Exercise:
Starting at the line that contains "inspect_schema input file", repeat each line exactly through the last line of the listing, and repeat nothing else.

--- START ---

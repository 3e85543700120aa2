-- ===== src/Laicc/Driver/Inspect.antt =====
-- crates/laicc/src/main.rs: the text that `inspect-schema` prints.
use laic.Prelude.{map, Bool, true, false, String, Option, none, some, List, [], ◌∷◌, ◌++◌}
use laic.Prelude.Detail.{Detail, text, dec, plain}
use laic.Laicc.Ast.{
  TensorElementType, as_str, Dimension, fixed, dynamic, LaicType, string, bytes, bool_ty, i8_ty,
  i16_ty, i32_ty, i64_ty, u8_ty, f32_ty, f64_ty, tensor, list, optional, map_ty, FieldDef,
  StructDef, SkillDef, LaicFile,
}
use laic.Laicc.Validate.Types.{any_dynamic}
use laic.Laicc.Codegen.Emitted.{for_each, join_comma}
use laic.Laicc.Codegen.Rust.Types.{show_bool}

abbrev pub is_nullable : LaicType → Bool
is_nullable (optional _) = true
is_nullable _ = false

abbrev pub inner_tensor : LaicType → Option (TensorElementType × List Dimension)
inner_tensor (tensor dtype dims) = some (dtype, dims)
inner_tensor _ = none

unfoldable pub tensor_metadata : LaicType → Option (TensorElementType × List Dimension)
tensor_metadata (tensor dtype dims) = some (dtype, dims)
tensor_metadata (list inner) = inner_tensor inner
tensor_metadata (optional inner) = inner_tensor inner
tensor_metadata _ = none

abbrev pub is_container_tensor : LaicType → Bool
is_container_tensor (list (tensor _ _)) = true
is_container_tensor (optional (tensor _ _)) = true
is_container_tensor _ = false

abbrev pub laic_dim : Dimension → Detail
laic_dim (fixed size) = dec size ∷ []
laic_dim (dynamic (some name)) = text name ∷ []
laic_dim (dynamic none) = text "_" ∷ []

unfoldable pub format_laic_dims : List Dimension → Detail
format_laic_dims dims = text "[" ∷ join_comma (map laic_dim dims) ++ text "]" ∷ []

unfoldable pub format_laic_type : LaicType → Detail
format_laic_type string = plain "string"
format_laic_type bytes = plain "bytes"
format_laic_type bool_ty = plain "bool"
format_laic_type i8_ty = plain "i8"
format_laic_type i16_ty = plain "i16"
format_laic_type i32_ty = plain "i32"
format_laic_type i64_ty = plain "i64"
format_laic_type u8_ty = plain "u8"
format_laic_type f32_ty = plain "f32"
format_laic_type f64_ty = plain "f64"
format_laic_type (tensor dtype dims) =
    text "tensor<" ∷ text (as_str dtype) ∷ text ">" ∷ format_laic_dims dims ++ []
format_laic_type (list inner) = text "list<" ∷ format_laic_type inner ++ text ">" ∷ []
format_laic_type (optional inner) = text "optional<" ∷ format_laic_type inner ++ text ">" ∷ []
format_laic_type (map_ty key value) =
    text "map<" ∷ format_laic_type key ++ text ", " ∷ format_laic_type value ++ text ">" ∷ []

abbrev pub shape_dim : Dimension → Detail
shape_dim (fixed size) = dec size ∷ []
shape_dim (dynamic _) = text "0" ∷ []

unfoldable pub format_tensor_shape_metadata : List Dimension → Detail
format_tensor_shape_metadata dims = text "[" ∷ join_comma (map shape_dim dims) ++ text "]" ∷ []

unfoldable pub format_arrow_type : LaicType → Detail
format_arrow_type string = plain "DataType::Utf8"
format_arrow_type bytes = plain "DataType::Binary"
format_arrow_type (tensor _ _) = plain "DataType::Binary"
format_arrow_type bool_ty = plain "DataType::Boolean"
format_arrow_type i8_ty = plain "DataType::Int8"
format_arrow_type i16_ty = plain "DataType::Int16"
format_arrow_type i32_ty = plain "DataType::Int32"
format_arrow_type i64_ty = plain "DataType::Int64"
format_arrow_type u8_ty = plain "DataType::UInt8"
format_arrow_type f32_ty = plain "DataType::Float32"
format_arrow_type f64_ty = plain "DataType::Float64"
format_arrow_type (list inner) =
    text "DataType::List(item: " ∷ format_arrow_type inner ++ text ")" ∷ []
format_arrow_type (optional inner) = format_arrow_type inner
format_arrow_type (map_ty key value) =
    text "DataType::Map(keys: " ∷ format_arrow_type key
    ++ text ", values: " ∷ format_arrow_type value
    ++ text ")" ∷ []

abbrev pub dynamic_note : Bool → Detail
dynamic_note true = text "        Note: 0 marks dynamic dimensions in tensor shape metadata.\n" ∷ []
dynamic_note false = []

abbrev pub container_note : Bool → Detail
container_note true = text "        Note: tensor metadata is stored on the outer field.\n" ∷ []
container_note false = []

abbrev pub metadata_lines : LaicType → Option (TensorElementType × List Dimension) → Detail
metadata_lines ty none = []
metadata_lines ty (some (dtype, dims)) =
    text "      Metadata:\n"
      ∷ text "        laic.tensor.dtype = "
      ∷ text (as_str dtype)
      ∷ text "\n"
      ∷ text "        laic.tensor.shape = "
      ∷ format_tensor_shape_metadata dims
    ++ text "\n" ∷ dynamic_note (any_dynamic dims)
    ++ container_note (is_container_tensor ty)
    ++ text "        laic.tensor.version = 1\n" ∷ []

unfoldable pub inspect_field : FieldDef → Detail
inspect_field field =
    text "    Field: "
      ∷ text field.name
      ∷ text "\n"
      ∷ text "      LAIC type: "
      ∷ format_laic_type field.ty
    ++ text "\n" ∷ text "      Arrow type: " ∷ format_arrow_type field.ty
    ++ text "\n"
      ∷ text "      Nullable: "
      ∷ text (show_bool (is_nullable field.ty))
      ∷ text "\n"
      ∷ metadata_lines field.ty (tensor_metadata field.ty)

unfoldable pub inspect_struct : StructDef → String → Detail
inspect_struct def direction =
    text "  Message: "
    ∷ text def.name
    ∷ text "\n"
    ∷ text "    laic.direction = "
    ∷ text direction
    ∷ text "\n"
    ∷ for_each inspect_field def.fields

unfoldable pub inspect_skill : String → SkillDef → Detail
inspect_skill version skill =
    text "\nSkill: "
      ∷ text skill.name
      ∷ text "\n"
      ∷ text "  Schema metadata:\n"
      ∷ text "    laic.skill_id = "
      ∷ text skill.id
      ∷ text "\n"
      ∷ text "    laic.version = "
      ∷ text version
      ∷ text "\n"
      ∷ inspect_struct skill.input "input"
    ++ inspect_struct skill.output "output"

unfoldable pub inspect_schema : String → LaicFile → Detail
inspect_schema input file =
    text "LAIC schema inspection\n"
    ∷ text "Format: human-readable diagnostic only; exact wording is not stable.\n"
    ∷ text "Contract: "
    ∷ text input
    ∷ text "\n"
    ∷ text "Version: "
    ∷ text file.version
    ∷ text "\n"
    ∷ for_each (inspect_skill file.version) file.skills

--- END ---

Solution for this problem:
inspect_schema input file =
    text "LAIC schema inspection\n"
    ∷ text "Format: human-readable diagnostic only; exact wording is not stable.\n"
    ∷ text "Contract: "
    ∷ text input
    ∷ text "\n"
    ∷ text "Version: "
    ∷ text file.version
    ∷ text "\n"
    ∷ for_each (inspect_skill file.version) file.skills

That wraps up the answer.